And what a book! In just over three hundred pages, Graham Swift offers the reader a history of East Anglia, including insights into political strife, land reclamation, flood management, the finer points of brewing, the beguiling mysteries of the eel, the culmination of the Cold War in the early 1980s, a love story, a murder, and a cautionary tale about incest, all wrapped up in a fascinating exegesis of the nature of history itself.
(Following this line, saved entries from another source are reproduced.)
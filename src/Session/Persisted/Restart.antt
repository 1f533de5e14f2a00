-- ===== src/Session/Persisted/Restart.antt =====
-- A session after a restart of the server is the one before it, stopped.
use zeromux.Posture
use zeromux.Posture.{Posture}
use zeromux.Prelude.{
  ℕ, ◌%◌, ◌≤◌, ◌<◌, ◌≡◌, refl, Bool, true, false, Option, none, some, [], arith, is_some, unwrap_or,
  if◌then◌else◌,
}
use zeromux.RunMetrics.{RunOutcome, completed, errored, timeout, cancelled, as_str, parse_lenient}
use zeromux.Session.{
  idle_meta, SessionType, tmux_session, claude_session, codex_session, crew_session, ResumeToken,
  claude, codex, tmux, crew, TmuxOrigin, own, external, CrewMeta, Session,
}
use zeromux.Session.Persisted.{
  map_option, and_then, type_name, type_of, to_kind_value, from_kind_value, origin_name, origin_of,
  SessionRow, persisted_posture_of, upsert, update_posture, resize_is_sane, token_of_row,
  origin_of_row, crew_of_row, posture_of_row, load_row,
}

type_of-type_name : (t : SessionType) → type_of (type_name t) ≡ t
unfolding type_of type_name
type_of-type_name tmux_session = refl
type_of-type_name claude_session = refl
type_of-type_name codex_session = refl
type_of-type_name crew_session = refl

parse_lenient-as_str : (o : RunOutcome) → parse_lenient (as_str o) ≡ some o
unfolding parse_lenient as_str
parse_lenient-as_str completed = refl
parse_lenient-as_str errored = refl
parse_lenient-as_str timeout = refl
parse_lenient-as_str cancelled = refl

outcome_kept : (o : Option RunOutcome) → and_then (map_option as_str o) parse_lenient ≡ o
outcome_kept none = refl
outcome_kept (some o) = parse_lenient-as_str o

token_kept :
    (t : Option ResumeToken)
    → token_of_row
        (map_option (λ x. (to_kind_value x).0) t)
        (map_option (λ x. (to_kind_value x).1) t)
      ≡ t
unfolding token_of_row to_kind_value from_kind_value
token_kept none = refl
token_kept (some (claude v)) = refl
token_kept (some (codex v)) = refl
token_kept (some (tmux v)) = refl
token_kept (some (crew v)) = refl

abbrev pub is_tmux : Option ResumeToken → Bool
is_tmux (some (tmux n)) = true
is_tmux (some (claude v)) = false
is_tmux (some (codex v)) = false
is_tmux (some (crew v)) = false
is_tmux none = false

abbrev pub is_crew : SessionType → Bool
is_crew crew_session = true
is_crew tmux_session = false
is_crew claude_session = false
is_crew codex_session = false

origin_kept :
    (t : Option ResumeToken) (o : Option TmuxOrigin)
    → is_some o ≡ is_tmux t
    → origin_of_row t (map_option origin_name o) ≡ o
unfolding origin_of_row origin_of origin_name
origin_kept (some (tmux n)) (some own) h = refl
origin_kept (some (tmux n)) (some external) h = refl
origin_kept (some (tmux n)) none h = cc
origin_kept (some (claude v)) none h = refl
origin_kept (some (claude v)) (some o) h = cc
origin_kept (some (codex v)) none h = refl
origin_kept (some (codex v)) (some o) h = cc
origin_kept (some (crew v)) none h = refl
origin_kept (some (crew v)) (some o) h = cc
origin_kept none none h = refl
origin_kept none (some o) h = cc

crew_kept :
    (t : SessionType) (r : SessionRow) (c : Option CrewMeta)
    → is_some c ≡ is_crew t
    → r.crew_mode ≡ unwrap_or (map_option (λ (x : CrewMeta). x.mode) c) ""
    → r.crew_agent ≡ unwrap_or (map_option (λ (x : CrewMeta). x.agent) c) ""
    → r.crew_origin ≡ unwrap_or (map_option (λ (x : CrewMeta). x.origin) c) "zeromux"
    → crew_of_row t r ≡ c
unfolding crew_of_row
crew_kept crew_session r (some x) h a b d = ground arith
crew_kept crew_session r none h a b d = cc
crew_kept tmux_session r none h a b d = refl
crew_kept tmux_session r (some x) h a b d = cc
crew_kept claude_session r none h a b d = refl
crew_kept claude_session r (some x) h a b d = cc
crew_kept codex_session r none h a b d = refl
crew_kept codex_session r (some x) h a b d = cc

abbrev pub kept_posture : Posture → Posture
kept_posture p = record Posture.default {
  last_outcome = p.last_outcome;
  last_outcome_ms = p.last_outcome_ms;
  last_snippet = p.last_snippet;
  awaiting_input = p.awaiting_input;
}

posture_kept : (p : Posture) → posture_of_row (persisted_posture_of p) ≡ kept_posture p
unfolding posture_of_row persisted_posture_of
posture_kept p = rw (outcome_kept p.last_outcome) refl

-- What the program keeps of a session's columns: a size in 16 bits that a client may set, an origin
-- for tmux sessions, gateway data for crew sessions, and a row that was written for this session.
pub record IsPersistable (s : Session) (old : Option SessionRow) : Type 0 where
  pub wide : 20 ≤ s.cols
  pub tall : 5 ≤ s.rows
  pub cols_u16 : s.cols < 65536
  pub rows_u16 : s.rows < 65536
  pub origin_fits : is_some s.tmux_origin ≡ is_tmux s.resume_token
  pub crew_fits : is_some s.crew_meta ≡ is_crew s.session_type
  pub same_created :
      unwrap_or (map_option (λ (r : SessionRow). r.created_ms) old) s.created_ms ≡ s.created_ms
  pub same_task :
      unwrap_or (map_option (λ (r : SessionRow). r.source_task_id) old) s.source_task_id
      ≡ s.source_task_id

-- The session with no process, and nothing that only a process or the server's life has.
abbrev pub stopped : ℕ → Session → Session
stopped now s = record s {
  status = idle_meta;
  spawning = false;
  last_activity_ms = now;
  turns_completed = 0;
  run_metrics = [];
  lifetime_turns = 0;
  lifetime_duration_ms = 0;
  lifetime_cost_usd = 0;
  posture = kept_posture s.posture;
  running = none;
  scrollback = [];
  scrollback_bytes = 0;
}

size_kept :
    (cols rows : ℕ)
    → 20 ≤ cols
    → 5 ≤ rows
    → cols < 65536
    → rows < 65536
    → ((if resize_is_sane (cols % 65536) (rows % 65536) then cols % 65536 else 80) ≡ cols)
      × ((if resize_is_sane (cols % 65536) (rows % 65536) then rows % 65536 else 24) ≡ rows)
unfolding resize_is_sane
size_kept cols rows a b c d = ground arith

-- A session whose row and posture are written and which a restarted server loads is the one before it
-- with no process: its name, kind, owner, size, resume token, origin, undo window, gateway data and
-- the lasting part of its posture are all kept, if the size is one that a client may set, tmux
-- sessions and only they have an origin, crew sessions and only they have gateway data, and an older
-- row was of this session.
pub load_row-upsert :
    (now : ℕ) (s : Session) (old : Option SessionRow)
    → IsPersistable s old
    → load_row now (update_posture s.posture (upsert s old)) ≡ stopped now s
unfolding load_row update_posture upsert
load_row-upsert now s old v =
    let row = update_posture s.posture (upsert s old) in
    let (c, r) = size_kept s.cols s.rows v.wide v.tall v.cols_u16 v.rows_u16 in
    rw
      (
        type_of-type_name s.session_type,
        token_kept s.resume_token,
        origin_kept s.resume_token s.tmux_origin v.origin_fits,
        crew_kept s.session_type row s.crew_meta v.crew_fits refl refl refl,
        posture_kept s.posture,
        c,
        r,
        v.same_created,
        v.same_task,
      )
      refl
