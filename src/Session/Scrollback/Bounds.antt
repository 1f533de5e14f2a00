-- ===== src/Session/Scrollback/Bounds.antt =====
-- The replay buffer's byte cap, and what eviction leaves.
use zeromux.Prelude.{
  ℕ, ◌+◌, ◌-◌, ◌<◌, ◌≡◌, refl, ap, true, false, not, ◌&&◌, ◌||◌, List, [], ◌∷◌, ◌++◌, Text, arith,
  byte_len, ltb, leb, ◌==◌, is_empty, length, if_cases,
}
use zeromux.Session.{Session}
use zeromux.Session.Scrollback.{scrollback_max_bytes, evict, push_frame}

abbrev pub total_bytes : List Text → ℕ
total_bytes [] = 0
total_bytes (f ∷ fs) = byte_len f + total_bytes fs

total_bytes-append : (xs ys : List Text) → total_bytes (xs ++ ys) ≡ total_bytes xs + total_bytes ys
total_bytes-append [] ys = omega arith
total_bytes-append (x ∷ xs) ys = omega (arith, total_bytes-append xs ys)

-- `xs` is the end of `all`: the newest frames, with no gap.
abbrev pub IsSuffix : List Text → List Text → Type 0
IsSuffix xs all = (evicted : List Text) × (evicted ++ xs ≡ all)

-- The counter is right, and over the cap there is one frame alone.
abbrev pub IsBounded : List Text → ℕ → Type 0
IsBounded frames bytes =
    (bytes ≡ total_bytes frames) × ((leb bytes scrollback_max_bytes || length frames == 1) ≡ true)

-- The last of the frames that are gone would not have fitted: with it the bytes exceed the cap.
abbrev pub IsNeeded : ℕ → List Text → List Text → Type 0
IsNeeded cap [] kept = Unit
IsNeeded cap (f ∷ []) kept = cap < byte_len f + total_bytes kept
IsNeeded cap (f ∷ g ∷ gone) kept = IsNeeded cap (g ∷ gone) kept

-- The frames that are kept are the end of all, and no more than had to go are gone.
abbrev pub IsTrimmed : List Text → List Text → Type 0
IsTrimmed kept all =
    (gone : List Text) × (gone ++ kept ≡ all)
    × IsNeeded scrollback_max_bytes gone kept
    × (is_empty kept ≡ is_empty all)

IsNeeded-cons :
    (cap : ℕ) (f : Text) (gone kept fs : List Text)
    → cap < byte_len f + total_bytes fs
    → gone ++ kept ≡ fs
    → IsNeeded cap gone kept
    → IsNeeded cap (f ∷ gone) kept
IsNeeded-cons cap f [] kept fs h whole n = omega (arith, h, ap total_bytes whole)
IsNeeded-cons cap f (g ∷ gone) kept fs h whole n = n

-- More frames are kept and more are gone later.
pub IsNeeded-later :
    (cap : ℕ) (a b ys zs gs : List Text)
    → IsNeeded cap a ys
    → b ++ zs ≡ ys ++ gs
    → IsNeeded cap b zs
    → IsNeeded cap (a ++ b) zs
IsNeeded-later cap [] b ys zs gs h whole n = n
IsNeeded-later cap (f ∷ []) [] ys zs gs h whole n =
    omega (arith, h, ap total_bytes whole, total_bytes-append ys gs)
IsNeeded-later cap (f ∷ []) (g ∷ b) ys zs gs h whole n = n
IsNeeded-later cap (f ∷ g ∷ a) b ys zs gs h whole n =
    IsNeeded-later cap (g ∷ a) b ys zs gs h whole n

pub is_empty-append : (xs ys : List Text) → is_empty (xs ++ ys) ≡ (is_empty xs && is_empty ys)
is_empty-append [] ys = refl
is_empty-append (x ∷ xs) ys = refl

record Evicted (limit : ℕ) (xs : List Text) (e : List Text × ℕ) : Type 0 where
  gone : List Text
  whole : gone ++ e.0 ≡ xs
  needed : IsNeeded limit gone e.0
  counted : e.1 ≡ total_bytes e.0
  capped : (leb e.1 limit || length e.0 == 1) ≡ true
  same_emptiness : is_empty e.0 ≡ is_empty xs

-- Where the loop stops, the cap holds or one frame is left.
stop_capped :
    (limit bytes : ℕ) (f : Text) (fs : List Text)
    → (ltb limit bytes && not (is_empty fs)) ≡ false
    → (leb bytes limit || length (f ∷ fs) == 1) ≡ true
stop_capped limit bytes f [] h = ground arith
stop_capped limit bytes f (g ∷ gs) h = ground arith

evict-Evicted :
    (limit : ℕ) (xs : List Text) (bytes : ℕ)
    → bytes ≡ total_bytes xs
    → Evicted limit xs (evict limit xs bytes)
unfolding evict
evict-Evicted limit [] bytes e = record {
  gone = [];
  whole = refl;
  needed = tt;
  counted = e;
  capped = ground arith;
  same_emptiness = refl;
}
evict-Evicted limit (f ∷ fs) bytes e =
    let rest = evict-Evicted limit fs (bytes - byte_len f) (omega (arith, e)) in
    if_cases (Evicted limit (f ∷ fs)) (ltb limit bytes && not (is_empty fs)) _ _
      (λ over. record {
        gone = f ∷ rest.gone;
        whole = ap (λ r. f ∷ r) rest.whole;
        needed =
            IsNeeded-cons limit f rest.gone (evict limit fs (bytes - byte_len f)).0 fs
              (ground (arith, over, e)) rest.whole rest.needed;
        counted = rest.counted;
        capped = rest.capped;
        same_emptiness = ground (arith, rest.same_emptiness);
      })
      (λ fits. record {
        gone = [];
        whole = refl;
        needed = tt;
        counted = e;
        capped = stop_capped limit bytes f fs fits;
        same_emptiness = refl;
      })

-- What a session's buffer is after one more frame.
pub record Pushed (frame : Text) (s t : Session) : Type 0 where
  pub trimmed : IsTrimmed t.scrollback (s.scrollback ++ frame ∷ [])
  pub bounded : IsBounded t.scrollback t.scrollback_bytes

pub push_frame-Pushed :
    (frame : Text) (s : Session)
    → s.scrollback_bytes ≡ total_bytes s.scrollback
    → Pushed frame s (push_frame frame s)
unfolding push_frame
push_frame-Pushed frame s e =
    let all = s.scrollback ++ frame ∷ [] in
    let v =
      evict-Evicted scrollback_max_bytes all (s.scrollback_bytes + byte_len frame)
        (omega (arith, e, total_bytes-append s.scrollback (frame ∷ []))) in
    record {
      trimmed = (v.gone, v.whole, v.needed, v.same_emptiness);
      bounded = (v.counted, v.capped);
    }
Tom Crick is, for the moment, Head of History at a large comprehensive school in London, beset with domestic challenges and facing strenuous effort by his headteacher to close his department. His Sixth Form lessons have, however, bucked the trend in which disaffected pupils move away from the humanities. His lessons are swell, because word has spread among the pupils of a new approach to teaching in which Crick’s lessons are suffused with vivid recollections from his own childhood. Crick’s pupils are dejected, convinced that the world is on the brink of a final nuclear war. Forty years earlier, Crick had been growing up in Norfolk during the Second World War, where his father was a lock-keeper responsible for vital flood management in that low lying land, contending with rationing and watching regular bombing missions taking off from the air force bases spread all around the county.

Swift takes his readers through numerous flashbacks, showing how Crick’s family had come to live by the river, and painting the history of the region. The flat landscape, and numerous waterways of the region play a key part in setting the atmosphere of the story. Swift’s prose is as clear as the water in Crick’s father’s lock, and his mastery of the multiple strands of the story is immense. He merges folklore with history, and manage the cast of characters deftly.

I can’t remember which book actually won the Booker Prize when this was a challenger – it must have been jolly good to have beaten this.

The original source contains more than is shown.